• PROBLEM DETAILS
All that should appear is the line containing "unfolding dir_files" and the lines after it in the records below, each reproduced exactly.

• Stored data entries
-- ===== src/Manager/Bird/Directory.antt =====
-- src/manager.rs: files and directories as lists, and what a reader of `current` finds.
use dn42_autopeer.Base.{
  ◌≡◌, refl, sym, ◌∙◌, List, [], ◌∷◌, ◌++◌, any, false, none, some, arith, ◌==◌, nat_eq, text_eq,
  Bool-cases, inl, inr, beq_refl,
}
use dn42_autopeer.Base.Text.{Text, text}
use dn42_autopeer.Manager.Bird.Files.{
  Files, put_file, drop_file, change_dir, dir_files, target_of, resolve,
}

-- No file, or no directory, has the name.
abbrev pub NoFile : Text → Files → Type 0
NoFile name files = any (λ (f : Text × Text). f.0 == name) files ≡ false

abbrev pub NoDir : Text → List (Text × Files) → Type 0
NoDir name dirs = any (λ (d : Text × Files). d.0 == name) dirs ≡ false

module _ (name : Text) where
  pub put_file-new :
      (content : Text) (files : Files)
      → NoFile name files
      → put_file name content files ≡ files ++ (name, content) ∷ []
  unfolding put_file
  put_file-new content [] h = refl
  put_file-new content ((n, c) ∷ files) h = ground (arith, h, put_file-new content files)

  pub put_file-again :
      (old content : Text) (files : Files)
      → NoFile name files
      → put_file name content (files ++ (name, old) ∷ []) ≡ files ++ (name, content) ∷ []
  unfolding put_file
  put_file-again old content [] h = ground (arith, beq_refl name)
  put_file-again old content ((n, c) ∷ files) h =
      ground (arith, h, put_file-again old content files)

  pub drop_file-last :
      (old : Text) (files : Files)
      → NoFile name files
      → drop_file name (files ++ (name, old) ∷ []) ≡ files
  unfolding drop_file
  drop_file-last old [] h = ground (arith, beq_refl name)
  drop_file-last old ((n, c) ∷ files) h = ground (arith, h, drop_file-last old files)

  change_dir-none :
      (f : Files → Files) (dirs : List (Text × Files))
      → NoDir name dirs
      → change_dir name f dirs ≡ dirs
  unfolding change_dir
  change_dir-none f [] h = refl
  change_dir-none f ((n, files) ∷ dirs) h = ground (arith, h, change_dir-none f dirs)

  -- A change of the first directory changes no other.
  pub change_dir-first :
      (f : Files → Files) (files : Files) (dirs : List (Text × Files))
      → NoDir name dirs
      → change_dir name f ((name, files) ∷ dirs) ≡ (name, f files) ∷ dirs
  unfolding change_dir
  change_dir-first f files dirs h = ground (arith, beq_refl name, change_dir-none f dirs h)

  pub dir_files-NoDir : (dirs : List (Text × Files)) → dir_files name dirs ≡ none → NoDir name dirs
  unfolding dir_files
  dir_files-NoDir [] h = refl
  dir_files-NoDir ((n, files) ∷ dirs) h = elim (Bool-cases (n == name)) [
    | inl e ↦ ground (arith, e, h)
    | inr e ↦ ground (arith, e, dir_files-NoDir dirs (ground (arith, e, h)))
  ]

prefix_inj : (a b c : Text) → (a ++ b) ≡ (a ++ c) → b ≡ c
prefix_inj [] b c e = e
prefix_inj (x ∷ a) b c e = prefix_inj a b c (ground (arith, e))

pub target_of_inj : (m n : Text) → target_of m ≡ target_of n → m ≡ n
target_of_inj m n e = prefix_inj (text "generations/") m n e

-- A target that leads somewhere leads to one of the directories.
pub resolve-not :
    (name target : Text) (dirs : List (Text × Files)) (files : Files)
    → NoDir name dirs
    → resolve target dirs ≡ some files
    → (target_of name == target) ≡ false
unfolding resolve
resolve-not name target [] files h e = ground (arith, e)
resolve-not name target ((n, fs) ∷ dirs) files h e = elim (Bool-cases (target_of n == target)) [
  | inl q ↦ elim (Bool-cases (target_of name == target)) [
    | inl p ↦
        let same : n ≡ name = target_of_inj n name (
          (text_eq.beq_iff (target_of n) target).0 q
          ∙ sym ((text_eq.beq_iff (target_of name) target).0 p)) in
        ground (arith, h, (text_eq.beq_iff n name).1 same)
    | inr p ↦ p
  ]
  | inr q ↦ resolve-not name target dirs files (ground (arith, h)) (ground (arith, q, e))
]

• WRITTEN RESPONSE
  unfolding dir_files
  dir_files-NoDir [] h = refl
  dir_files-NoDir ((n, files) ∷ dirs) h = elim (Bool-cases (n == name)) [
    | inl e ↦ ground (arith, e, h)
    | inr e ↦ ground (arith, e, dir_files-NoDir dirs (ground (arith, e, h)))
  ]

prefix_inj : (a b c : Text) → (a ++ b) ≡ (a ++ c) → b ≡ c
prefix_inj [] b c e = e
prefix_inj (x ∷ a) b c e = prefix_inj a b c (ground (arith, e))

pub target_of_inj : (m n : Text) → target_of m ≡ target_of n → m ≡ n
target_of_inj m n e = prefix_inj (text "generations/") m n e

-- A target that leads somewhere leads to one of the directories.
pub resolve-not :
    (name target : Text) (dirs : List (Text × Files)) (files : Files)
    → NoDir name dirs
    → resolve target dirs ≡ some files
    → (target_of name == target) ≡ false
unfolding resolve
resolve-not name target [] files h e = ground (arith, e)
resolve-not name target ((n, fs) ∷ dirs) files h e = elim (Bool-cases (target_of n == target)) [
  | inl q ↦ elim (Bool-cases (target_of name == target)) [
    | inl p ↦
        let same : n ≡ name = target_of_inj n name (
          (text_eq.beq_iff (target_of n) target).0 q
          ∙ sym ((text_eq.beq_iff (target_of name) target).0 p)) in
        ground (arith, h, (text_eq.beq_iff n name).1 same)
    | inr p ↦ p
  ]
  | inr q ↦ resolve-not name target dirs files (ground (arith, h)) (ground (arith, q, e))
]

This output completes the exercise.